— ACTIVITY —
Only one portion of the data is to be written out: from the line bearing "accepted_in-kept l q id order _" through the line bearing "reserved-signals l q i (err". Write it exactly as it appears.

— DATASET —
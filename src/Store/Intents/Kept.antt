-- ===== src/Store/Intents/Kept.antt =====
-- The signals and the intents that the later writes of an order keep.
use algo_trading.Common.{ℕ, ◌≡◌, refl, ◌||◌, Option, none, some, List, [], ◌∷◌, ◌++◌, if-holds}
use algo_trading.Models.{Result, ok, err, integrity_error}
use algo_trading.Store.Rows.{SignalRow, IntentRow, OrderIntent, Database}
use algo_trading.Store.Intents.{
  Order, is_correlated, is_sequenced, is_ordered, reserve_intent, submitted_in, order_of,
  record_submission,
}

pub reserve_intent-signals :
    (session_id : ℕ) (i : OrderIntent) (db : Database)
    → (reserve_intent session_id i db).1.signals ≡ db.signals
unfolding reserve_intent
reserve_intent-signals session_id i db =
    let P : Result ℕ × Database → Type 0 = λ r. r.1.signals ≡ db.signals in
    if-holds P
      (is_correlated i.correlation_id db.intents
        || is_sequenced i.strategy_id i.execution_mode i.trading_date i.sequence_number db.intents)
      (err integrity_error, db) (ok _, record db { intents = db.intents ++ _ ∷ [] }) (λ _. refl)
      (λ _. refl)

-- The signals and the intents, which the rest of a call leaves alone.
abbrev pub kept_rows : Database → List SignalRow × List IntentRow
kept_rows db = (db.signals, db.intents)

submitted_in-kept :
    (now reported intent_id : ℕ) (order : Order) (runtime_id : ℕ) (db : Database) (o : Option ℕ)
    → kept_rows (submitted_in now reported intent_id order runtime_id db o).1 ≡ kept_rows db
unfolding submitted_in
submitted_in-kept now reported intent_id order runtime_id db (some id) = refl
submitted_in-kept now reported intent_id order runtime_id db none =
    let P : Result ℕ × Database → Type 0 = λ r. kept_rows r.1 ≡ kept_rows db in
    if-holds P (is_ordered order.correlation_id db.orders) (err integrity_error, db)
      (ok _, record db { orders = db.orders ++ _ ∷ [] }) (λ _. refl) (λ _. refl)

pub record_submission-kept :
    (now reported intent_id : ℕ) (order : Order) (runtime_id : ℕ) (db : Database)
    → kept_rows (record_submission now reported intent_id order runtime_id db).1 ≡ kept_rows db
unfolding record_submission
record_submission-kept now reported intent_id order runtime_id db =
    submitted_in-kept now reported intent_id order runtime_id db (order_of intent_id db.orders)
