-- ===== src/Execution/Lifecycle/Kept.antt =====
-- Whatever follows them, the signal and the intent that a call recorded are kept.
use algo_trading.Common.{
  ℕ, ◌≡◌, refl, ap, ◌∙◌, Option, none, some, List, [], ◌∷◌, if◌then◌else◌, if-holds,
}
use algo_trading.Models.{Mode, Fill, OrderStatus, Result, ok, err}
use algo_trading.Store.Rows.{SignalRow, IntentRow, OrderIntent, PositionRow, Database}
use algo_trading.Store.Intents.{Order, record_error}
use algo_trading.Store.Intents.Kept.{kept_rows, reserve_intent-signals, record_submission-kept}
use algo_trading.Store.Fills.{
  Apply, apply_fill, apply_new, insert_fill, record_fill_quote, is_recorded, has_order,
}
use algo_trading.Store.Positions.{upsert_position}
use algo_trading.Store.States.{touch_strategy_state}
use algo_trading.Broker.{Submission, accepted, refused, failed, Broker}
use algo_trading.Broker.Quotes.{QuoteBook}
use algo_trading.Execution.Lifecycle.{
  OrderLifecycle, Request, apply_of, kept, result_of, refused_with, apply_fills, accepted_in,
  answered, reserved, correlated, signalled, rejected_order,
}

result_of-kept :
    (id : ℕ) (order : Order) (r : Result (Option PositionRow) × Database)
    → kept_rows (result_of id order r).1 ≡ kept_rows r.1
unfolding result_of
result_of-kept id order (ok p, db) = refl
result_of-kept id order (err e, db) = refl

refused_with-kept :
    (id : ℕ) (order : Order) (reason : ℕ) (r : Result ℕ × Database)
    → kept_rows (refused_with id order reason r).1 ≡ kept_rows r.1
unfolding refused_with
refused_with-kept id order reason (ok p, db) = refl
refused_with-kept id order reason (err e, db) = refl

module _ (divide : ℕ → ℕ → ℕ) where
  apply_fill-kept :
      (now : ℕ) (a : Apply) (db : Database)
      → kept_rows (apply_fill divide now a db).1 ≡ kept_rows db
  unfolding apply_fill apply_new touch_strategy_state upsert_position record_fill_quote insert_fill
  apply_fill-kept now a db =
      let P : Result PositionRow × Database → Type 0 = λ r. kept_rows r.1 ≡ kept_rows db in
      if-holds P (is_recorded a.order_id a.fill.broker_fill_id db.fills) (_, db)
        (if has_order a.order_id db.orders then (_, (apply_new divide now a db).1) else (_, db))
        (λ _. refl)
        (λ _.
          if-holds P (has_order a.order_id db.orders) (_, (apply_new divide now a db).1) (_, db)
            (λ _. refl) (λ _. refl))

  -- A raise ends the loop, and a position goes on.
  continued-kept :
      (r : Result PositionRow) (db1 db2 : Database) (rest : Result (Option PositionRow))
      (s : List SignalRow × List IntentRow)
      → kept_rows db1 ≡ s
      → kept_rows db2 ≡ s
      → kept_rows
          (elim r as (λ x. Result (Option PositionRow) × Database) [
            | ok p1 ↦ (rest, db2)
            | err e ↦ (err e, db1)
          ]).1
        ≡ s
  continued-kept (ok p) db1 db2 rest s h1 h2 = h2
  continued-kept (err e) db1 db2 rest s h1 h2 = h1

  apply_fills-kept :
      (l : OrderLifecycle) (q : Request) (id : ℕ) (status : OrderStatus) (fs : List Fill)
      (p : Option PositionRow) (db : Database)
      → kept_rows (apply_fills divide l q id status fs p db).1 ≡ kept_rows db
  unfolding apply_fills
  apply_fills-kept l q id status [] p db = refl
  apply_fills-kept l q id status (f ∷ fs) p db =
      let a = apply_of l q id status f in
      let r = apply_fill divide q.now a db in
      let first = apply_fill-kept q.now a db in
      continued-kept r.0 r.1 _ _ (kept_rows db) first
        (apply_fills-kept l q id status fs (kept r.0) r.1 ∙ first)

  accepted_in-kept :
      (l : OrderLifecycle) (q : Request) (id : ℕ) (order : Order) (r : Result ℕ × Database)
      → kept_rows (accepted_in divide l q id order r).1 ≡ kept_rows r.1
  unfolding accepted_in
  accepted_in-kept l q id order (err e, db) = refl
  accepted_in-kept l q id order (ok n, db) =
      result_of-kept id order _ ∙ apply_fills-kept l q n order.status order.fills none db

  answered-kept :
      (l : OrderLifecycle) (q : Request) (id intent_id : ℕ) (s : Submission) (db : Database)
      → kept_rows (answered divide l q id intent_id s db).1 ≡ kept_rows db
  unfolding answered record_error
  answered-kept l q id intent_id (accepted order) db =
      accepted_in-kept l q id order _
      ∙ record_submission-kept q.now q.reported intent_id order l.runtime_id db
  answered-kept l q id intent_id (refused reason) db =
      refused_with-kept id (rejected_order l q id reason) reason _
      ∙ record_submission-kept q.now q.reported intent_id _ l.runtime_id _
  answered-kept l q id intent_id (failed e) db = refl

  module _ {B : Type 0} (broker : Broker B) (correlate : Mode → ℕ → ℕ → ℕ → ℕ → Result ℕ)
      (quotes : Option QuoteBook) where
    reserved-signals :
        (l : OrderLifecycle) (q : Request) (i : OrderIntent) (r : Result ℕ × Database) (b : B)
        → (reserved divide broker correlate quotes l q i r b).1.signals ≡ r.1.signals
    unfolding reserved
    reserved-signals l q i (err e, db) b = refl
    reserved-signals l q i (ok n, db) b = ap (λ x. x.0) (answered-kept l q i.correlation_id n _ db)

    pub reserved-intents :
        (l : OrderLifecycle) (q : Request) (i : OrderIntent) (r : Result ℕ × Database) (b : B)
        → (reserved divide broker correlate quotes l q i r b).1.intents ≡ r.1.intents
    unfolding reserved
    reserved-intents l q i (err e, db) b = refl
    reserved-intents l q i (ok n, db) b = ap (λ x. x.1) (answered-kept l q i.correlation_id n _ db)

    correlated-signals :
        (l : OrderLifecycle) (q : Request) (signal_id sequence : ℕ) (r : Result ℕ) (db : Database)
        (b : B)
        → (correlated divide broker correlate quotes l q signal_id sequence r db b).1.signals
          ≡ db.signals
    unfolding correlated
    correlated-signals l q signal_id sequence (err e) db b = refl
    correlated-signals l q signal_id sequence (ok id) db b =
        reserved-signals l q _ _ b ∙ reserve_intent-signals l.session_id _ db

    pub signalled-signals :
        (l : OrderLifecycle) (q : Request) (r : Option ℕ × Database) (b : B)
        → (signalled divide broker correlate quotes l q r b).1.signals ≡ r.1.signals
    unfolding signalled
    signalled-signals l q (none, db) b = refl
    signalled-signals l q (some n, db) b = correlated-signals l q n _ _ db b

— ANSWER SECTION —
      accepted_in-kept l q id order _
      ∙ record_submission-kept q.now q.reported intent_id order l.runtime_id db
  answered-kept l q id intent_id (refused reason) db =
      refused_with-kept id (rejected_order l q id reason) reason _
      ∙ record_submission-kept q.now q.reported intent_id _ l.runtime_id _
  answered-kept l q id intent_id (failed e) db = refl

  module _ {B : Type 0} (broker : Broker B) (correlate : Mode → ℕ → ℕ → ℕ → ℕ → Result ℕ)
      (quotes : Option QuoteBook) where
    reserved-signals :
        (l : OrderLifecycle) (q : Request) (i : OrderIntent) (r : Result ℕ × Database) (b : B)
        → (reserved divide broker correlate quotes l q i r b).1.signals ≡ r.1.signals
    unfolding reserved
    reserved-signals l q i (err e, db) b = refl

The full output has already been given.